Мне пришлось мысленно признать, что он меня подловил.
– Я же говорю – это было давно, – я вернулся к листочку. – «Чудо – друг». Ну, это примерно понятно. У меня нет друзей, и я не представляю, как их завести. Вообще говоря, меня люди раздражают. Так что, с одной стороны, я хотел бы иметь друга, а с другой – нет. Как представлю какую-нибудь пьяную компанию, скажем, корпоратив или рыбалку, сразу отпадает желание с кем-то общаться.
– Но друг – это не обязательно пьяная компания, – возразил Иванов. – Бывают же, в конце концов, приличные интеллигентные люди.
Я не выдержал и рассмеялся.
– Что такое? – насторожился Иванов.
– Да я подумал, что вы, должно быть, про себя говорите. Это вы-то приличный человек?

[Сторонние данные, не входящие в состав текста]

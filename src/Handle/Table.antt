-- ===== src/Handle/Table.antt =====
-- The table of contexts: its invariant, its search for a free slot, and its growth.
use jump.Base.{
  reach_slot, ℕ, zero, suc, ◌+◌, ◌*◌, ◌%◌, ◌^◌, ◌≡◌, ◌≢◌, ◌<◌, ap, ◌∙◌, arith, none, some, length,
  ◌↔◌,
}
use jump.Handle.{Storage, slot_at, hash, candidate, find_free, grab}
use jump.Handle.Hash.{Size, mod_mask}

-- Every context stands in the slot of its handle, in a table whose size is a power of two.
pub record IsValid (handles : ℕ → ℕ) (s : Storage) : Type 0 where
  pub size : Size s.slot_size
  pub len : length s.slot ≡ s.slot_size
  pub home : (i c : ℕ) → slot_at s.slot i ≡ some c → handles c % s.slot_size ≡ i
  pub harbor : (a : ℕ) × (s.harbor ≡ a * 2 ^ 24)

-- The context has no slot.
abbrev pub Absent : Storage → ℕ → Type 0
Absent s ctx = (i : ℕ) → slot_at s.slot i ≢ some ctx

-- A handle that is found has a free slot.
pub find_free-some :
    (s : Storage) (rounds i : ℕ) {h : ℕ}
    → find_free s rounds i ≡ some h
    → (slot_at s.slot (hash s h) ≡ none) × (h < 2 ^ 24)
unfolding find_free
find_free-some s zero i e = cc
find_free-some s (suc rounds) i {h = h} e = ground (arith, find_free-some s rounds (i + 1) {h = h})

-- If none is found, every candidate was taken.
find_free-none :
    (s : Storage) (rounds i r : ℕ)
    → find_free s rounds i ≡ none
    → r < rounds
    → slot_at s.slot (hash s (candidate s (i + r))) ≢ none
unfolding find_free
find_free-none s zero i r e h = elim h [ ]
find_free-none s (suc rounds) i zero e h = let z : i + 0 ≡ i = omega arith in rw z (ground arith)
find_free-none s (suc rounds) i (suc r) e h =
    let z : i + suc r ≡ i + 1 + r = omega arith in
    rw z (ground (arith, find_free-none s rounds (i + 1) r))

-- Then every slot is taken.
pub find_free_full :
    {handles : ℕ → ℕ} {s : Storage} (j : ℕ)
    → IsValid handles s
    → find_free s s.slot_size 0 ≡ none
    → j < s.slot_size
    → slot_at s.slot j ≢ none
find_free_full {handles} {s} j v e h n =
    let (r, l, q) = reach_slot j s.handle_index h in
    let z : 0 + r ≡ r = omega arith in
    find_free-none s s.slot_size 0 r e l (
      ap (slot_at s.slot)
        (ap (λ x. hash s (candidate s x)) z ∙ mod_mask (r + s.handle_index) v.size ∙ q)
      ∙ n)

-- What `skynet_handle_grab` finds.
pub grab_iff :
    (handles : ℕ → ℕ) (s : Storage) (h c : ℕ)
    → (grab handles s h ≡ some c) ↔ ((slot_at s.slot (hash s h) ≡ some c) × (handles c ≡ h))
unfolding grab
grab_iff handles s h c = (λ e. ground arith, λ p. rw (p.0, grab) (ground (arith, p.1)))
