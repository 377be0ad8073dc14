-- ===== src/Handle/Growth.antt =====
-- The growth of the table of contexts: every context moves to the slot of its handle.
use native.Mathlib.Nat.{zero-mod, mod_self, mod-lt, mod-mod_of_dvd, dvd-mul_right}
use jump.Base.{
  option_ext, ℕ, suc, ◌+◌, ◌-◌, ◌*◌, ◌%◌, ◌^◌, ◌≡◌, ◌≢◌, ◌≤◌, ◌<◌, inl, inr, refl, ap, subst, sym,
  ◌∙◌, ℕ_discrete, arith, List, [], ◌∷◌, Option, none, some, set, replicate, length, length-set,
  get_or-set_self, get_or-set_ne, get_or-replicate, length-replicate, some-eq, some-ne-none,
  Option-cases, le→leb,
}
use jump.Handle.{Storage, slot_at, handle_space, find_free, rehash, expand, grab}
use jump.Handle.Table.{IsValid, Absent, find_free_full, grab_iff}
use jump.Handle.Hash.{Size-pos, Size-double}

-- What the loop of the growth has done when `i` slots of the old table are moved.
record Moved (handles : ℕ → ℕ) (s : Storage) (i : ℕ) (new_slot : List (Option ℕ)) : Type 0 where
  width : length new_slot ≡ s.slot_size * 2
  from :
      (j c : ℕ)
      → slot_at new_slot j ≡ some c
      → (handles c % (s.slot_size * 2) ≡ j)
        × (slot_at s.slot (handles c % s.slot_size) ≡ some c)
        × (handles c % s.slot_size < i)
  to :
      (j c : ℕ)
      → j < i
      → slot_at s.slot j ≡ some c
      → slot_at new_slot (handles c % (s.slot_size * 2)) ≡ some c

mod_half : (n h : ℕ) → h % (n * 2) % n ≡ h % n
mod_half n h = mod-mod_of_dvd n h (dvd-mul_right n 2)

module _ {handles : ℕ → ℕ} {s : Storage} {i : ℕ} {new_slot : List (Option ℕ)} (c : ℕ)
    (v : IsValid handles s) (m : Moved handles s i new_slot) (e : slot_at s.slot i ≡ some c) where
  -- The slot that the context moves to.
  abbrev target : ℕ
  target = handles c % (s.slot_size * 2)

  -- It is free: a context there would come from the same old slot, which is not yet moved.
  target_free : slot_at new_slot target ≡ none
  target_free = elim (Option-cases (slot_at new_slot target)) [
    | inl n ↦ n
    | inr (d, t) ↦
        let (a, _, l) = m.from target d t in
        absurd (
          omega (
            arith,
            l,
            sym (mod_half s.slot_size (handles d))
                ∙ ap (λ x. x % s.slot_size) a
                ∙ mod_half s.slot_size (handles c)
                ∙ v.home i c e,
          ))
  ]

  target_in : target < length new_slot
  target_in = rw m.width (mod-lt (handles c) (omega (arith, Size-pos v.size)))

  -- One round of the loop.
  Moved-step : Moved handles s (i + 1) (set new_slot target (some c))
  Moved-step = record {
    width = length-set new_slot target (some c) ∙ m.width;
    from = λ j d t. elim (ℕ_discrete target j) [
      | yes q ↦
          let same : c ≡ d = some-eq (
            sym (get_or-set_self new_slot target (some c) none target_in)
            ∙ ap (slot_at (set new_slot target (some c))) q
            ∙ t) in
          subst
            (λ d.
              (handles d % (s.slot_size * 2) ≡ j)
              × (slot_at s.slot (handles d % s.slot_size) ≡ some d)
              × (handles d % s.slot_size < i + 1))
            same (q, ap (slot_at s.slot) (v.home i c e) ∙ e, omega (arith, v.home i c e))
      | no q ↦
          let (a, b, l) = m.from j d (sym (get_or-set_ne new_slot target j (some c) none q) ∙ t) in
          (a, b, omega arith)
    ];
    to = λ j d l t. elim (ℕ_discrete j i) [
      | yes q ↦
          let same : c ≡ d = some-eq (sym e ∙ ap (slot_at s.slot) (sym q) ∙ t) in
          subst
            (λ d. slot_at (set new_slot target (some c)) (handles d % (s.slot_size * 2)) ≡ some d)
            same (get_or-set_self new_slot target (some c) none target_in)
      | no q ↦
          let old = m.to j d (omega arith) t in
          get_or-set_ne new_slot target (handles d % (s.slot_size * 2)) (some c) none
            (λ z. some-ne-none old (sym (ap (slot_at new_slot) z) ∙ target_free))
          ∙ old
    ];
  }

-- The whole loop, for a table with no free slot.
rehash_lem :
    {handles : ℕ → ℕ} {s : Storage} (rest : List (Option ℕ)) (i : ℕ) (new_slot : List (Option ℕ))
    → IsValid handles s
    → Moved handles s i new_slot
    → ((k : ℕ) → k < length rest → slot_at rest k ≡ slot_at s.slot (i + k))
    → ((j : ℕ) → j < s.slot_size → slot_at s.slot j ≢ none)
    → i + length rest ≡ s.slot_size
    → (out : List (Option ℕ)) × (rehash handles (s.slot_size * 2) rest new_slot ≡ some out)
      × Moved handles s s.slot_size out
unfolding rehash
rehash_lem {handles} {s} [] i new_slot v m at full e =
    (new_slot, refl, subst (λ k. Moved handles s k new_slot) (omega arith) m)
rehash_lem {handles} {s} (none ∷ rest) i new_slot v m at full e =
    let start : i ≡ i + 0 = omega arith in
    absurd (full i (omega arith) (ap (slot_at s.slot) start ∙ sym (at 0 (omega arith))))
rehash_lem {handles} {s} (some c ∷ rest) i new_slot v m at full e =
    let start : i + 0 ≡ i = omega arith in
    let old = sym (at 0 (omega arith) ∙ ap (slot_at s.slot) start) in
    let (out, run, done) =
      rehash_lem {handles = handles} {s = s} rest (i + 1)
        (set new_slot (handles c % (s.slot_size * 2)) (some c)) v (Moved-step c v m old)
        (λ k l. at (suc k) (omega arith) ∙ ap (slot_at s.slot) (omega arith)) full (omega arith) in
    (out, rw (target_free c v m old, rehash) run, done)

module _ {handles : ℕ → ℕ} {s : Storage} {out : List (Option ℕ)} (v : IsValid handles s)
    (m : Moved handles s s.slot_size out) where
  abbrev grown : Storage
  grown = record s { slot = out; slot_size = s.slot_size * 2 }

  grown-IsValid : s.slot_size * 2 ≤ 2 ^ 24 → IsValid handles grown
  grown-IsValid room = record {
    size = Size-double v.size room;
    len = m.width;
    home = λ i c e. (m.from i c e).0;
    harbor = v.harbor;
  }

  grab-grown : (h : ℕ) → grab handles grown h ≡ grab handles s h
  grab-grown h =
      option_ext
        (λ c e.
          let (at, is) = (grab_iff handles grown h c).0 e in
          let (_, old, _) = m.from _ c at in
          (grab_iff handles s h c).1
            (ap (λ x. slot_at s.slot (x % s.slot_size)) (sym is) ∙ old, is))
        (λ c e.
          let (at, is) = (grab_iff handles s h c).0 e in
          (grab_iff handles grown h c).1 (
            ap (λ x. slot_at out (x % (s.slot_size * 2))) (sym is)
                ∙ m.to (h % s.slot_size) c (mod-lt h (Size-pos v.size)) at,
            is,
          ))

  -- The slots 0 and `slot_size` cannot both be taken: they come from one old slot.
  grown-free : s.slot_size * 2 ≤ 2 ^ 24 → find_free grown grown.slot_size 0 ≢ none
  grown-free room e =
      let pos = Size-pos v.size in
      let full = λ (j : ℕ) (l : j < s.slot_size * 2). find_free_full j (grown-IsValid room) e l in
      elim (Option-cases (slot_at out 0)) [
        | inl n ↦ full 0 (omega arith) n
        | inr (c, p) ↦ elim (Option-cases (slot_at out s.slot_size)) [
          | inl n ↦ full s.slot_size (omega arith) n
          | inr (d, q) ↦ both c d p q
        ]
      ]
    where
      low : (h : ℕ) {j : ℕ} → h % (s.slot_size * 2) ≡ j → j % s.slot_size ≡ 0 → h % s.slot_size ≡ 0
      low h e z = sym (mod_half s.slot_size h) ∙ ap (λ x. x % s.slot_size) e ∙ z

      both : (c d : ℕ) → slot_at out 0 ≡ some c → slot_at out s.slot_size ≡ some d → ⊥
      both c d p q =
          let (a, x, _) = m.from 0 c p in
          let (b, y, _) = m.from s.slot_size d q in
          let same : c ≡ d = some-eq (
            sym x
            ∙ ap (slot_at s.slot) (
                low (handles c) a (zero-mod s.slot_size)
                ∙ sym (low (handles d) b (mod_self s.slot_size)))
            ∙ y) in
          let z = Size-pos v.size in
          absurd (omega (arith, sym a ∙ ap (λ x. handles x % (s.slot_size * 2)) same ∙ b))

-- Let a table in order be full, and below half of its greatest size. Growing it passes its assertions;
-- the new table is in order and has a free slot, every handle names what it did, and the harbor and the
-- absent contexts are the same.
pub expand_lem :
    {handles : ℕ → ℕ} {s : Storage}
    → IsValid handles s
    → ((j : ℕ) → j < s.slot_size → slot_at s.slot j ≢ none)
    → s.slot_size * 2 ≤ 2 ^ 24
    → (t : Storage) × (expand handles s ≡ some t)
      × IsValid handles t
      × ((h : ℕ) → grab handles t h ≡ grab handles s h)
      × (t.harbor ≡ s.harbor)
      × (find_free t t.slot_size 0 ≢ none)
      × ((c : ℕ) → Absent s c → Absent t c)
unfolding expand
expand_lem {handles} {s} v full room =
    let (out, run, m) =
      rehash_lem {handles = handles} {s = s} s.slot 0 (replicate (s.slot_size * 2) none) v start
        (λ k l. ap (slot_at s.slot) (omega arith)) full (omega (arith, v.len)) in
    (
      grown v m,
      enough out run,
      grown-IsValid v m room,
      grab-grown v m,
      refl,
      grown-free v m room,
      λ c gone i e. gone (handles c % s.slot_size) (m.from i c e).1,
    )
  where
    nothing : (j c : ℕ) → slot_at (replicate (s.slot_size * 2) none) j ≡ some c → ⊥
    nothing j c e = some-ne-none e (get_or-replicate (s.slot_size * 2) j none)

    start : Moved handles s 0 (replicate (s.slot_size * 2) none)
    start = record {
      width = length-replicate (s.slot_size * 2) none;
      from = λ j c e. absurd (nothing j c e);
      to = λ j c l e. absurd (omega arith);
    }

    enough :
        (out : List (Option ℕ))
        → rehash handles (s.slot_size * 2) s.slot (replicate (s.slot_size * 2) none) ≡ some out
        → expand handles s ≡ some (record s { slot = out; slot_size = s.slot_size * 2 })
    enough out run = rw (le→leb (s.slot_size * 2 - 1) (handle_space - 1) (omega arith), run, expand)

– Ну, знаете! – Иванов выпрямился в кресле. – Положим, вы мне тоже не особо симпатичны, но я вас не оскорблял.
– Помнится, вы меня ничтожеством обозвали, – напомнил я.
– Не совсем так, – попытался выкрутиться Иванов, но тут же сдался: – Хорошо. Что дальше?
– «Поле – боль», – я снова оказался немного озадачен. – Может быть, просто по созвучию написал…
– Много созвучных слов, – заметил Иванов, – но вы выбрали именно это. Не «доля» или «воля», например.
– Согласен… Ну, тогда, наверное, так… Борис Полевой написал книгу о лётчике, который лишился ног. Ему было больно. Такое объяснение подойдёт?
– Любое подойдёт, – сказал Иванов, пристально глядя на меня. – Если оно правдивое.
Я вдруг вспомнил поле. Футбольное поле. Огромное. А я – маленький. Лет 10 или около того, но ростом не вышел. И бегал я плохо, задыхался. Я сидел на влажной траве и плакал посреди огромного поля. Левая штанина тренировочных брюк пропиталась кровью. Я споткнулся о мяч и упал коленом на камень. Было больно. Огромная ссадина на колене заживала потом недели две. Мяч у меня после падения тут же отобрали и побежали к нашим воротам. Я не любил бегать и особенно не любил футбол. Но постоянно приходилось в него играть – на уроках физкультуры, да и просто так, за заборами. Потому что никто не понимал, как можно не любить футбол, и я не хотел показывать, что я его не люблю.